アップル、デスクトップ検索機能「Spotlight」の詳細を明らかに

Ina Fried(CNET News.com)2004年11月11日 12時37分

 現在各社の検索技術が脚光を浴びているが、Apple Computerでは優れたデスクトップ検索機能を、次期Mac OS Xの大きな柱に据えようとしている。

 Googleの株式公開や、Microsoftからまもなくリリースされる自社開発のMSN Searchなどの影響で、これまではインターネット中心だった検索技術を巡る議論が、デスクトップへと急速に移りつつある。そして今、ウェブ検索分野にはほとんど足を踏み入れずに来たAppleが、ハードディスク上での検索を容易にすべく、そのための技術開発を進めている。

 Spotlightデスクトップ検索機能の詳細は、Appleのサイトで先週公開されたドキュメントに記されている。Appleは、OS Xの次期アップグレード版となる「Tiger」を6月に発表した際、Spotlightに関しては簡単にしか触れなかった。だが、今回出された新しいドキュメントでは、Spotlightの仕組みと、来年前半の登場時に可能になる事柄が詳細に述べられている。

Spotlightではどんなファイルを扱えるのか
・プレーンテキスト
・リッチテキストフォーマット(RFT)
・PDF書類
・Microsoft Word書類
・Microsoft Excelシート
・Mac OS X Mailのメッセージ
・Address Bookの連絡先
・Photoshopの画像ファイル
・MP3およびAAC形式の音楽ファイル
・QuickTimeムービー
・JPEG、GIF、TIFF、PNG、EXIF形式の画像ファイル

 Spotlightは簡単にいうと、すべてのファイルを追跡するインデックス作成エンジンで、どのファイルがいつ作成されたか、いつ開かれたか、あるいはいつ変更/複製/削除されたかなどを逐一記録する。これらの情報に加え、各ファイルの内容全体を常に記録しているため、Spotlightでは起動と同時に素早く強力なファイル検索が行えるようになる。たとえば、ユーザーが今度の休暇のために保管しておいた旅行関連の情報の在処を思い出そうとしている時に、Spotlightのほうはすでに「ジャマイカ」や「ホテル」といった単語を含むファイルをすべて把握している、という具合だ。

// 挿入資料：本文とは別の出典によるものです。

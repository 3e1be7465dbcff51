-- ===== src/Prelude/Dicts.antt =====
-- Python dictionaries as association lists in the order of first insertion: `d.get(k)`, `d[k] = v`,
-- and `d.setdefault(k, []).append(v)`.
use mathlib.Core.Path.{◌≡◌, refl, subst, sym, ◌∙◌}
use mathlib.Core.Bool.{true}
use mathlib.Core.Logic.{inl, inr}
use mathlib.Core.Option.{Option, none, some}
use mathlib.Core.List.{List, [], ◌∷◌, Memᴰ}
use blitze_cdn_cp.Prelude.Lists.{All, All-at, Pairwise}
use blitze_cdn_cp.Prelude.Tests.{HasEq, ◌==◌, if◌then◌else◌, Bool-cases}

abbrev pub Dict : Type 0 → Type 0 → Type 0
Dict K V = List (K × V)

module _ {K V : Type 0} ⦃has : HasEq K⦄ where
  unfoldable pub lookup : K → Dict K V → Option V
  lookup k [] = none
  lookup k ((j, v) ∷ d) = if j == k then some v else lookup k d

  unfoldable pub insert : K → V → Dict K V → Dict K V
  insert k v [] = (k, v) ∷ []
  insert k v ((j, w) ∷ d) = if j == k then (j, v) ∷ d else (j, w) ∷ insert k v d

  -- What is read behind an assignment to one key.
  pub lookup-insert_self : (k : K) (v : V) (d : Dict K V) → lookup k (insert k v d) ≡ some v
  unfolding lookup insert
  lookup-insert_self k v [] = rw (has.reflexive k)
  lookup-insert_self k v ((j, w) ∷ d) = elim (Bool-cases (j == k)) [
    | inl e ↦ rw (e, insert) (rw e)
    | inr e ↦ rw (e, insert) (rw e (lookup-insert_self k v d))
  ]

  pub lookup-insert_other :
      (k j : K) (v : V) (d : Dict K V) → ¬ (k ≡ j) → lookup j (insert k v d) ≡ lookup j d
  unfolding lookup insert
  lookup-insert_other k j v [] different = elim (Bool-cases (k == j)) [
    | inl e ↦ absurd (different (has.sound k j e))
    | inr e ↦ rw e
  ]
  lookup-insert_other k j v ((i, w) ∷ d) different = elim (Bool-cases (i == k)) [
    | inl e ↦ rw e (elim (Bool-cases (i == j)) [
      | inl e' ↦ absurd (different (sym (has.sound i k e) ∙ has.sound i j e'))
      | inr e' ↦ rw e'
    ])
    | inr e ↦ rw e (elim (Bool-cases (i == j)) [
      | inl e' ↦ rw e'
      | inr e' ↦ rw e' (lookup-insert_other k j v d different)
    ])
  ]

  -- What is found stands in the dictionary, under its key.
  pub mem_of_lookup : (k : K) (d : Dict K V) {v : V} → lookup k d ≡ some v → Memᴰ (k, v) d
  unfolding lookup
  mem_of_lookup k [] h = absurd (cc h)
  mem_of_lookup k ((j, w) ∷ d) {v} h = elim (Bool-cases (j == k)) [
    | inl e ↦ Memᴰ.head (found (has.sound j k e) (rw e at h))
    | inr e ↦ Memᴰ.tail (mem_of_lookup k d (rw e at h))
  ]
    where
      found : j ≡ k → some w ≡ some v → ◌≡◌ {A = K × V} (k, v) (j, w)
      found same e = cc (same, e)

  -- A key that stands in the dictionary is found.
  pub lookup_of_mem :
      (k : K) {v : V} (d : Dict K V) → Memᴰ (k, v) d → (w : V) × (lookup k d ≡ some w)
  unfolding lookup
  lookup_of_mem k [] m = elim m [ ]
  lookup_of_mem k {v} ((j, w) ∷ d) (Memᴰ.head e) = (w, rw (hit (sym e)) refl)
    where
      hit : ◌≡◌ {A = K × V} (j, w) (k, v) → (j == k) ≡ true
      hit same = subst (λ z. (j == z) ≡ true) (λ i. (same i).0) (has.reflexive j)
  lookup_of_mem k ((j, w) ∷ d) (Memᴰ.tail m) = elim (Bool-cases (j == k)) [
    | inl e ↦ (w, rw e)
    | inr e ↦ let (w', found) = lookup_of_mem k d m in (w', rw e found)
  ]

  -- What holds of each entry holds of each behind an assignment, if it holds of the new one.
  pub insert-All {κ} :
      (Q : K × V → Type κ) (k : K) (v : V) (d : Dict K V)
      → ((j : K) → j ≡ k → Q (j, v))
      → All Q d
      → All Q (insert k v d)
  unfolding insert
  insert-All Q k v [] new h = (new k refl, tt)
  insert-All Q k v ((j, w) ∷ d) new h = elim (Bool-cases (j == k)) [
    | inl e ↦ rw e (new j (has.sound j k e), h.1)
    | inr e ↦ rw e (h.0, insert-All Q k v d new h.1)
  ]

  -- A dictionary has each key once.
  abbrev pub DistinctKeys : Dict K V → Type 0
  DistinctKeys = Pairwise (λ a b. ¬ (a.0 ≡ b.0))

  pub insert-DistinctKeys :
      (k : K) (v : V) (d : Dict K V) → DistinctKeys d → DistinctKeys (insert k v d)
  unfolding insert
  insert-DistinctKeys k v [] h = (tt, tt)
  insert-DistinctKeys k v ((j, w) ∷ d) h = elim (Bool-cases (j == k)) [
    | inl e ↦ rw e h
    | inr e ↦ rw e (
      insert-All (λ b. ¬ (j ≡ b.0)) k v d
          (λ i same other. absurd (cc (e, has.reflexive k, other ∙ same))) h.0,
      insert-DistinctKeys k v d h.1,
    )
  ]

  pub lookup-mem :
      (k : K) (v : V) (d : Dict K V) → DistinctKeys d → Memᴰ (k, v) d → lookup k d ≡ some v
  unfolding lookup
  lookup-mem k v [] h m = elim m [ ]
  lookup-mem k v ((j, w) ∷ d) h (Memᴰ.head e) =
      subst (λ p. lookup k (p ∷ d) ≡ some v) e (rw (has.reflexive k) refl)
  lookup-mem k v ((j, w) ∷ d) h (Memᴰ.tail m) = elim (Bool-cases (j == k)) [
    | inl e ↦ absurd (All-at (λ b. ¬ (j ≡ b.0)) d h.0 m (has.sound j k e))
    | inr e ↦ rw e (lookup-mem k v d h.1 m)
  ]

 AppleのMac OS Xマーケティング担当シニアディレクター、Ken Bereskinは、「この技術はパーソナルコンピュータの使い方に変革をもたらすだろう。検索エンジンによるインターネットの使い方の変化を見れば、そのことは一目瞭然だ」と語った。

 今日、ほとんどのユーザーはファイルとフォルダを使ったシステムに頼って情報を整理している。旅行プランを見つけ出すには、「書類」フォルダのなかに「個人用」フォルダがあり、さらにそこに「旅行」フォルダがあり、またその中に「ジャマイカ」フォルダがあるという具合に、サブフォルダをどのように整理したかを覚えておく必要がある。

 だが、Spotlightがあれば、このような心配は無用になる。単純な検索を実行するだけで、ジャマイカに関連するものすべてが見つかるのだ。また、Tigerには「Smart Folders」と呼ばれるアイデアもあり、キーワードやファイル属性の組み合わせでファイルをひとまとめにしてくれる。